Write the entries below again, precisely as they appear.

## Given records
····················
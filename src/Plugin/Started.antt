-- ===== src/Plugin/Started.antt =====
-- What a plugin has once `Load` of api/Api.cpp has ended.
use samp_plugin_api.Prelude.{ℕ, ◌≡◌, ◌≢◌, ◌⊎◌, true, false, some, [], Text, codes}
use samp_plugin_api.Config
use samp_plugin_api.Config.{Config, new_config}
use samp_plugin_api.Players.{to_u16}
use samp_plugin_api.Env.{Env}
use samp_plugin_api.Server.{Server}
use samp_plugin_api.Server.Invariant.{Inv}
use samp_plugin_api.Globals.{Globals, Endpoint, live, Runs}
use samp_plugin_api.Numbers.{number, stoi, stoul}
use samp_plugin_api.Plugin.{Outcome, refused, thrown, listening, Surroundings}

module _ {World Float Fs Sink : Type 0} (env : Env World Float)
    (around : Surroundings Fs Sink) where
  -- What holds of a plugin that listens: it has a server, whose handler is registered, with the
  -- first argument of `api_password` as the password, the number of `api_seed` as the seed, and the
  -- port that `api_port` names, where it listens and has an accept outstanding; the two numbers have
  -- defaults.
  pub record IsStarted (before g : Globals World Sink) (port : ℕ) : Type 0 where
    pub server : Server World
    pub runs : Runs g server
    pub inv : Inv env server
    pub ready : g.ready ≡ before.ready
    pub accepts : server.accepting ≡ true
    pub listens : server.port ≡ port
    pub config : Config.load around.file new_config ≡ (server.config, true)
    pub password : Config.get server.config (codes "api_password") 0 ≡ some server.handler.password
    pub seed :
        (n : ℕ) × (stoul (Config.get_default server.config (codes "api_seed") (codes "17733194") 0)
          ≡ number n)
        × (server.handler.seed ≡ n)
    pub port_number :
        (n : ℕ) × (stoi (Config.get_default server.config (codes "api_port") (codes "7778") 0)
          ≡ number n)
        × (port ≡ to_u16 n)
    pub bound : around.can_bind port ≡ true

  -- What holds of a plugin that has no new endpoint: the players are there, but nobody is among
  -- them.
  pub record IsIdle (before g : Globals World Sink) : Type 0 where
    pub players : g.players ≡ live []
    pub endpoint : g.endpoint ≡ before.endpoint

  -- What holds of a plugin whose `Load` has thrown when the endpoint was there: the file was read,
  -- `api_seed` is not a number, and an endpoint is left that listens on the port of `api_port`, but
  -- with no accept outstanding.
  pub record IsAbandoned (g : Globals World Sink) : Type 0 where
    pub players : g.players ≡ live []
    pub read : Config
    pub config : Config.load around.file new_config ≡ (read, true)
    pub password : (pw : Text) × (Config.get read (codes "api_password") 0 ≡ some pw)
    pub bad_seed :
        (n : ℕ) → stoul (Config.get_default read (codes "api_seed") (codes "17733194") 0) ≢ number n
    pub left : Endpoint
    pub endpoint : g.endpoint ≡ live left
    pub port_number :
        (n : ℕ) × (stoi (Config.get_default read (codes "api_port") (codes "7778") 0) ≡ number n)
        × (left.port ≡ to_u16 n)
    pub bound : around.can_bind left.port ≡ true
    pub accepts : left.accepting ≡ false

  abbrev pub StartsRight : Globals World Sink → Outcome World Sink → Type 0
  StartsRight before (listening g port _) = IsStarted before g port
  StartsRight before (refused g) = IsIdle before g
  StartsRight before (thrown g) = IsIdle before g ⊎ IsAbandoned g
····················
## Solved problem
filename src/Plugin/Started.antt
-- ===== src/Plugin/Started.antt =====
-- What a plugin has once `Load` of api/Api.cpp has ended.
use samp_plugin_api.Prelude.{ℕ, ◌≡◌, ◌≢◌, ◌⊎◌, true, false, some, [], Text, codes}
use samp_plugin_api.Config
use samp_plugin_api.Config.{Config, new_config}
use samp_plugin_api.Players.{to_u16}
use samp_plugin_api.Env.{Env}
use samp_plugin_api.Server.{Server}
use samp_plugin_api.Server.Invariant.{Inv}
use samp_plugin_api.Globals.{Globals, Endpoint, live, Runs}
use samp_plugin_api.Numbers.{number, stoi, stoul}
use samp_plugin_api.Plugin.{Outcome, refused, thrown, listening, Surroundings}

module _ {World Float Fs Sink : Type 0} (env : Env World Float)
    (around : Surroundings Fs Sink) where
  -- What holds of a plugin that listens: it has a server, whose handler is registered, with the
  -- first argument of `api_password` as the password, the number of `api_seed` as the seed, and the
  -- port that `api_port` names, where it listens and has an accept outstanding; the two numbers have
  -- defaults.
  pub record IsStarted (before g : Globals World Sink) (port : ℕ) : Type 0 where
    pub server : Server World
    pub runs : Runs g server
    pub inv : Inv env server
    pub ready : g.ready ≡ before.ready
    pub accepts : server.accepting ≡ true
    pub listens : server.port ≡ port
    pub config : Config.load around.file new_config ≡ (server.config, true)
    pub password : Config.get server.config (codes "api_password") 0 ≡ some server.handler.password
    pub seed :
        (n : ℕ) × (stoul (Config.get_default server.config (codes "api_seed") (codes "17733194") 0)
          ≡ number n)
        × (server.handler.seed ≡ n)
    pub port_number :
        (n : ℕ) × (stoi (Config.get_default server.config (codes "api_port") (codes "7778") 0)
          ≡ number n)
        × (port ≡ to_u16 n)
    pub bound : around.can_bind port ≡ true

  -- What holds of a plugin that has no new endpoint: the players are there, but nobody is among
  -- them.
  pub record IsIdle (before g : Globals World Sink) : Type 0 where
    pub players : g.players ≡ live []
    pub endpoint : g.endpoint ≡ before.endpoint

  -- What holds of a plugin whose `Load` has thrown when the endpoint was there: the file was read,
  -- `api_seed` is not a number, and an endpoint is left that listens on the port of `api_port`, but
  -- with no accept outstanding.
  pub record IsAbandoned (g : Globals World Sink) : Type 0 where
    pub players : g.players ≡ live []
    pub read : Config
    pub config : Config.load around.file new_config ≡ (read, true)
    pub password : (pw : Text) × (Config.get read (codes "api_password") 0 ≡ some pw)
    pub bad_seed :
        (n : ℕ) → stoul (Config.get_default read (codes "api_seed") (codes "17733194") 0) ≢ number n
    pub left : Endpoint
    pub endpoint : g.endpoint ≡ live left
    pub port_number :
        (n : ℕ) × (stoi (Config.get_default read (codes "api_port") (codes "7778") 0) ≡ number n)
        × (left.port ≡ to_u16 n)
    pub bound : around.can_bind left.port ≡ true
    pub accepts : left.accepting ≡ false

  abbrev pub StartsRight : Globals World Sink → Outcome World Sink → Type 0
  StartsRight before (listening g port _) = IsStarted before g port
  StartsRight before (refused g) = IsIdle before g
  StartsRight before (thrown g) = IsIdle before g ⊎ IsAbandoned g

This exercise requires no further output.